Jazz on vacation in Spain, Portugal
Europe has always held a special place for jazz musicians, and increasingly, the summer circuit of festivals and educational programs has become the most concentrated— and lucrative—part of the year for many artists. For fans, becoming a jazz tourist for a couple of weeks offers the opportunity to combine sightseeing and dining adventures with distinctive shows by some of the world’s best musicians. A vacation focusing on three festivals in Spain and Portugal—Festival de Jazz de Vitoria-Gasteiz (July 12–16), San Sebastián’s Heineken Jazzaldia (July 20–25) and Lisbon’s Jazz em Agosto (Aug. 4–14)—would provide an especially diverse experience.
The best way to travel to this region from North America is to fly into Madrid’s spectacular Adolfo Suárez Airport, connect to a convenient one-hour flight north to Bilbao and then take the Bizkaibus local transit south into the foothills to Vitoria-Gasteiz. If you’re an art or architecture lover, plan an extra day or two in Bilbao, because Frank Gehry’s mind-blowing Guggenheim Museum and the overall resurrection of the former foundry city craves your attention. Bilbao is the über-modernist yin to VitoriaGasteiz’s ancient yang.
Founded in 1181, Vitoria-Gasteiz is the seat of government for the Basque region of northern Spain. The compact nature of the medieval Old Quarter—with its abundance of picturesque Gothic buildings—makes it an ideal walking city. One of the best walks of all is the early evening stroll from the central Parque de la Florida along the beautiful Fray Francisco de Vitoria Ibilbidea toward the Mendizorrotza Sports Center, the jazz festival’s main venue. As in all Spanish cities, the streets come alive after dusk, reflective of the age-old custom of businesses closing for several hours at midday to accommodate the heat.However, Vitoria-Gasteiz’s climate is moderate, and the average daytime temperature in mid-July is 78 degrees Fahrenheit.
The Mendizorrotza Sports Center is not the most comfortable venue for jazz, but it is one of the friendliest. Spaniards love to snack between shows, so take your cue from them and pack an Iberian ham sandwich or two. After shows by the likes of Céclie McLorin Salvant, the Joshua Redman Quartet and Kenny Barron with Dave Holland, you’ll have more time to stop off for pintxos (tapas) and red wine or beer at one of the many bars that stay open late.
Just 62 miles northeast of Vitoria-Gasteiz lies the coastal city of San Sebastián (Donostia in the local Basque language). Built around the protected La Concha Bay, San Sebastián has one of the country’s best beaches and a rich collection of neoclassical buildings—dating to 1813, when British and Portuguese forces burned the stronghold of Napoleon’s forces to the ground.

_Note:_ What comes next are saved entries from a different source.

-- ===== src/GoText/Decimal.antt =====
-- Printing a number and reading it back.
use simis.Prelude.{
  All, List, Option, Text, [], ap, arith, injective_some, length, length-append, none, refl, some,
  suc, zero, ℕ, ◌%◌, ◌*◌, ◌++◌, ◌+◌, ◌-◌, ◌/◌, ◌<◌, ◌^◌, ◌∷◌, ◌≡◌, ◌≢◌, ◌≤◌,
}
use native.Mathlib.Nat.{pow-suc}
use native.Mathlib.Decide.{dec_lt}
use simis.GoText.{parse_digits, parse_uint, decimal, format_uint}

abbrev pub IsDigit : ℕ → Type 0
IsDigit c = (48 ≤ c) × (c ≤ 57)

abbrev after : Option ℕ → Text → Option ℕ
after none s = none
after (some n) s = parse_digits n s

parse_digits-append :
    (acc : ℕ) (s t : Text) → parse_digits acc (s ++ t) ≡ after (parse_digits acc s) t
unfolding parse_digits
parse_digits-append acc [] t = refl
parse_digits-append acc (c ∷ s) t = ground (arith, parse_digits-append (acc * 10 + (c - 48)) s t)

last_digit :
    (n acc : ℕ) → n < 2 ^ 64 → acc ≡ n / 10 → parse_digits acc ((48 + n % 10) ∷ []) ≡ some n
unfolding parse_digits
last_digit n acc h e = ground arith

tenth : (n p : ℕ) → n < p * 10 → n / 10 < p
tenth n p h = omega arith

decimal_small : (k n : ℕ) → n < 10 → decimal (suc k) n ≡ (48 + n) ∷ []
unfolding decimal
decimal_small k n h = ground arith

decimal_step : (k n : ℕ) → 10 ≤ n → decimal (suc k) n ≡ decimal k (n / 10) ++ ((48 + n % 10) ∷ [])
unfolding decimal
decimal_step k n h = ground arith

one_digit : (n : ℕ) → n < 10 → parse_digits 0 ((48 + n) ∷ []) ≡ some n
unfolding parse_digits
one_digit n h = ground arith

parse_digits-decimal :
    (k n : ℕ) → n < 10 ^ suc k → n < 2 ^ 64 → parse_digits 0 (decimal (suc k) n) ≡ some n
parse_digits-decimal zero n h b =
    rw (decimal_small zero n (omega arith)) (one_digit n (omega arith))
parse_digits-decimal (suc k) n h b = elim (dec_lt n 10) [
  | yes small ↦ rw (decimal_small (suc k) n small) (one_digit n small)
  | no big ↦
      rw
        (
          decimal_step (suc k) n (omega arith),
          parse_digits-append,
          parse_digits-decimal k (n / 10) (tenth n (10 ^ suc k) (rw pow-suc at h)) (omega arith),
        )
        (last_digit n (n / 10) b refl)
]

All-append {ℓ} :
    {A : Type ℓ} (P : A → Type 0) (xs ys : List A) → All P xs → All P ys → All P (xs ++ ys)
All-append P [] ys h k = k
All-append P (x ∷ xs) ys h k = (h.0, All-append P xs ys h.1 k)

pub decimal-IsDigit : (k n : ℕ) → All IsDigit (decimal k n)
decimal-IsDigit zero n = unfold decimal in tt
decimal-IsDigit (suc k) n = elim (dec_lt n 10) [
  | yes small ↦ rw (decimal_small k n small) (omega arith)
  | no big ↦
      rw (decimal_step k n (omega arith))
        (All-append IsDigit (decimal k (n / 10)) _ (decimal-IsDigit k (n / 10)) (omega arith))
]

-- a digit at least, so that ParseUint does not see the empty text
parse_uint_of_digits :
    (s : Text) (n : ℕ) → s ≢ [] → parse_digits 0 s ≡ some n → parse_uint s ≡ some n
unfolding parse_uint
parse_uint_of_digits [] n h e = absurd (h refl)
parse_uint_of_digits (c ∷ s) n h e = e

decimal-ne-nil : (k n : ℕ) → decimal (suc k) n ≢ []
decimal-ne-nil k n e = elim (dec_lt n 10) [
  | yes small ↦ cc (decimal_small k n small, e)
  | no big ↦ absurd (
      omega (
        arith,
        ap length (decimal_step k n (omega arith)),
        ap length e,
        length-append (decimal k (n / 10)) ((48 + n % 10) ∷ []),
      ))
]

-- What `%d` prints of a 64-bit number, ParseUint reads back.
pub parse_uint-format_uint : (n : ℕ) → n < 2 ^ 64 → parse_uint (format_uint n) ≡ some n
parse_uint-format_uint n h =
    parse_uint_of_digits (decimal 20 n) n (decimal-ne-nil 19 n)
      (parse_digits-decimal 19 n (omega arith) h)

parse_digits-lt : (s : Text) (acc n : ℕ) → acc < 2 ^ 64 → parse_digits acc s ≡ some n → n < 2 ^ 64
unfolding parse_digits
parse_digits-lt [] acc n b e = ground arith
parse_digits-lt (c ∷ s) acc n b e = ground (arith, parse_digits-lt s (acc * 10 + (c - 48)) n)

-- A number that ParseUint accepts fits 64 bits.
pub parse_uint-lt : (s : Text) (n : ℕ) → parse_uint s ≡ some n → n < 2 ^ 64
unfolding parse_uint
parse_uint-lt [] n e = cc
parse_uint-lt (c ∷ s) n e = parse_digits-lt (c ∷ s) 0 n (omega arith) e

-- What the printed number holds is no separator and no white space.
module _ (P : ℕ → Type 0) (digit : (c : ℕ) → IsDigit c → P c) where
  All-of_digits : (s : Text) → All IsDigit s → All P s
  All-of_digits [] h = tt
  All-of_digits (c ∷ s) h = (digit c h.0, All-of_digits s h.1)

  pub All-format_uint : (n : ℕ) → All P (format_uint n)
  All-format_uint n = All-of_digits (decimal 20 n) (decimal-IsDigit 20 n)

parse_digits_small :
    (acc : ℕ) (s : Text) (n : ℕ) → acc < 2 ^ 64 → parse_digits acc s ≡ some n → n < 2 ^ 64
unfolding parse_digits
parse_digits_small acc [] n h e = let q : acc ≡ n = injective_some e in omega arith
parse_digits_small acc (c ∷ s) n h e = ground (arith, parse_digits_small (acc * 10 + (c - 48)) s n)

-- A number that parses fits 64 bits.
pub parse_uint_small : (s : Text) (n : ℕ) → parse_uint s ≡ some n → n < 2 ^ 64
unfolding parse_uint
parse_uint_small [] n e = cc
parse_uint_small (c ∷ s) n e = parse_digits_small 0 (c ∷ s) n (omega arith) e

Founded in 1966, Jazzaldia has 17 primary venues. At its heart are the Plaza de la Trinidad with the 1,800-seat Kursaal Auditorium (designed by Rafael Moneo and opened in 1999) and the 104-year-old Victoria Eugenia Theatre on the opposite bank of the Urumea River.
Miguel Martin, director of Heineken Jazzaldia, believes that the festival’s open nature is what sets it apart. “It’s mainstream and contemporary at the same time, and about 70 percent of our concerts have free admission,” he said. “We try to include the more interesting names of the international, European, Spanish and Basque jazz scenes.”
Among this year’s 110 Jazzaldia concerts are shows by Diana Krall, Branford Marsalis, Brad Mehldau, Snarky Puppy, Jack DeJohnette, Steve Coleman, John Scofield and Marc Ribot.
For those who wish to complete the jazz trifecta by taking in Lisbon’s Jazz em Agosto, there’s more than a week to explore various areas— northeast of San Sebastián, across the French border, into the wine-rich region of Bordeaux; southeast to the gastronomic splendor of Barcelona and Spain’s Costa Brava; or west to the pilgrim’s mecca of Galicia and the UNESCO World Heritage Site at Santiago de Compostela. The possibilities are broad.
Once you’ve made your way west to Lisbon, a very different approach to a jazz festival awaits at Jazz em Agosto, now in its 33rd year. “We do not have a commercial focus,” said Rui Neves, the artistic director for Jazz em Agosto.
“We are interested in new ideas and are very attentive to innovators.”
Although the program is not fully set for the 2016 edition, Neves said the fest’s 14 concerts would follow his tried-and-true model, which has seen Wadada Leo Smith, Ribot’s Ceramic Dog and the RED Trio with saxophonist Jon Butcher headline in recent years.
“We are a relaxed festival,” Neves explained, “and our setting in a garden is very peaceful. Everything in Lisbon is very close. There is lots of time to enjoy our splendid Mediterranean food, the contemporary art museum and our climate, which is very much like San Francisco’s.”
Like all things related to jazz in Portugal and Spain each summer, it’s an embarrassment of riches.